# The data
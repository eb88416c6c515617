-- ===== src/Logstructured/Races.antt =====
-- The writes of pkg/logstructured/logstructured.go over a lawful log, whatever other clients do between
-- the read and the append.
use kine.Prelude.{
  ℕ, ◌≡◌, refl, ap, inl, inr, Bool, true, false, not, Option, none, some, Bytes, ◌==◌,
  if◌then◌else◌, arith, Bool-cases, Option-cases,
}
use kine.Types.{KeyValue, Event, Error}
use kine.Logstructured.Log.{Log}
use kine.Logstructured.Store.{
  update, get_event, got, adjust_revision, adjust_write, update_appended, update_failed,
  update_event,
}
use kine.Logstructured.Lawful.{Row, event_of, found, LawfulLog}

abbrev pub live_row : Option Row → Option Row
live_row none = none
live_row (some row) = if row.delete then none else some row

abbrev pub kv_of_row : Option Row → Option KeyValue
kv_of_row none = none
kv_of_row (some row) = some row.kv

module _ {S : Type 0} (log : Log S) (law : LawfulLog log) (between : S → S)
    (keeps : (s : S) → law.is_current s → law.is_current (between s)) where
  -- the KeyValue that an update writes at a revision
  abbrev pub updated : ℕ → Bytes → Bytes → ℕ → KeyValue → KeyValue
  updated rev key value lease kv = record {
    key = key;
    value = value;
    version = 0;
    create_revision = kv.create_revision;
    mod_revision = rev;
    lease = lease;
  }

  -- An update tests twice: the key must be live at the revision when it is read, and no event may follow
  -- it when the log is appended to. Else the answer is what is live, and nothing is written.
  abbrev pub spec_update :
      Bytes → Bytes → ℕ → ℕ → S → (ℕ × Option KeyValue × Bool × Option Error) × S
  spec_update key value revision lease s = elim (live_row (law.newest s key)) [
    | none ↦ ((law.revision s, none, false, none), s)
    | some row ↦
        let s' = between s in
        let event = update_event key value lease (event_of false row) in
        if not (row.kv.mod_revision == revision)
        then ((law.revision s, some row.kv, false, none), s)
        else if law.is_followed s' key row.kv.mod_revision
        then ((law.revision s', kv_of_row (live_row (law.newest s' key)), false, none), s')
        else (
          (law.next s', some (updated (law.next s') key value lease row.kv), true, none),
          (log.append event s').1,
        )
  ]

  pub adjust_revision-zero :
      (s : S) → law.is_current s → adjust_revision log (0, s) ≡ (law.revision s, s)
  unfolding adjust_revision
  adjust_revision-zero s c = rw (law.current_revision-revision s c) refl

  pub adjust_revision-same :
      (s : S) → law.is_current s → adjust_revision log (law.revision s, s) ≡ (law.revision s, s)
  unfolding adjust_revision
  adjust_revision-same s c = elim (Bool-cases (law.revision s == 0)) [
    | inl z ↦ rw (z, law.current_revision-revision s c) refl
    | inr nz ↦ rw nz refl
  ]

  pub get_event-newest :
      (s : S) (key : Bytes) (include_deletes keys_only : Bool)
      → law.is_current s
      → get_event log key 0 include_deletes keys_only s
        ≡ got log ((law.revision s, found include_deletes keys_only (law.newest s key), none), s)
  unfolding get_event
  get_event-newest s key include_deletes keys_only c =
      rw (law.list-newest s key include_deletes keys_only c) refl

  pub adjust_revision-next : (s s' : S) → adjust_revision log (law.next s, s') ≡ (law.next s, s')
  unfolding adjust_revision
  adjust_revision-next s s' =
      let nz : (law.next s == 0) ≡ false = ground (arith, law.next_above s) in rw nz refl

  pub appended :
      (s : S) (e : Event) (kv prev : KeyValue)
      → e.kv ≡ some kv
      → e.prev_kv ≡ some prev
      → law.is_followed s kv.key prev.mod_revision ≡ false
      → log.append e s ≡ ((law.next s, none), (log.append e s).1)
  appended s e kv prev k p fits =
      ap (λ r. (r, (log.append e s).1)) (law.append_next s e kv prev k p fits)

  -- The answer after an append that did not fit.
  update_failed-newest :
      (key : Bytes) (s : S) (o : Option Row)
      → law.is_current s
      → adjust_write log
          (update_failed log between (got log ((law.revision s, found false false o, none), s)))
        ≡ ((law.revision s, kv_of_row (live_row o), false, none), s)
  update_failed-newest key s none c = rw (adjust_revision-same s c) refl
  update_failed-newest key s (some row) c = elim (Bool-cases row.delete) [
    | inl gone ↦ rw (gone, adjust_revision-same s c) refl
    | inr there ↦ rw (there, adjust_revision-same s c) refl
  ]

  -- The second half of an update, at the state that the others have left.
  update_appended-cas :
      (key value : Bytes) (lease : ℕ) (row : Row) (s : S)
      → law.is_current s
      → let e = update_event key value lease (event_of false row) in
        adjust_write log (update_appended log between key e.kv (log.append e s)) ≡ (
          if law.is_followed s key row.kv.mod_revision
          then ((law.revision s, kv_of_row (live_row (law.newest s key)), false, none), s)
          else (
            (law.next s, some (updated (law.next s) key value lease row.kv), true, none),
            (log.append e s).1,
          ))
  update_appended-cas key value lease row s c =
      let e = update_event key value lease (event_of false row) in
      elim (Bool-cases (law.is_followed s key row.kv.mod_revision)) [
        | inr fits ↦
            rw (appended s e _ _ refl refl fits, fits, adjust_revision-next s (log.append e s).1)
              refl
        | inl lost ↦
            rw
              (
                law.append_followed s e _ _ refl refl lost,
                lost,
                get_event-newest s key false false c,
              )
              (update_failed-newest key s (law.newest s key) c)
      ]

  -- Over a lawful log that knows its newest revision, whatever other clients do to the log between
  -- the read and the append of an `Update`, if it then knows its newest revision again, it writes
  -- exactly if the key was live at the given revision when it was read and no event of the key
  -- follows that revision when the log is appended to; it then returns the new revision with a
  -- KeyValue that keeps the create revision, and otherwise what is live, and the log stays as the
  -- others left it.
  pub update-eq-spec_update :
      (key value : Bytes) (revision lease : ℕ) (s : S)
      → law.is_current s
      → update log between key value revision lease s ≡ spec_update key value revision lease s
  unfolding update
  update-eq-spec_update key value revision lease s c = elim (Option-cases (law.newest s key)) [
    | inl e ↦
        rw (get_event-newest s key false false c, spec_update, e, adjust_revision-zero s c) refl
    | inr (row, e) ↦ elim (Bool-cases row.delete) [
      | inl gone ↦
          rw (get_event-newest s key false false c, spec_update, e, gone, adjust_revision-zero s c)
            refl
      | inr there ↦ elim (Bool-cases (row.kv.mod_revision == revision)) [
        | inr stale ↦
            rw
              (
                get_event-newest s key false false c,
                spec_update,
                e,
                there,
                stale,
                adjust_revision-same s c,
              )
              refl
        | inl hit ↦
            rw (get_event-newest s key false false c, spec_update, e, there, hit)
              (update_appended-cas key value lease row (between s) (keeps s c))
      ]
    ]
  ]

# Required action
From the lines above, copy those that contain the word "LawfulLog".

# Task solution
use kine.Logstructured.Lawful.{Row, event_of, found, LawfulLog}
module _ {S : Type 0} (log : Log S) (law : LawfulLog log) (between : S → S)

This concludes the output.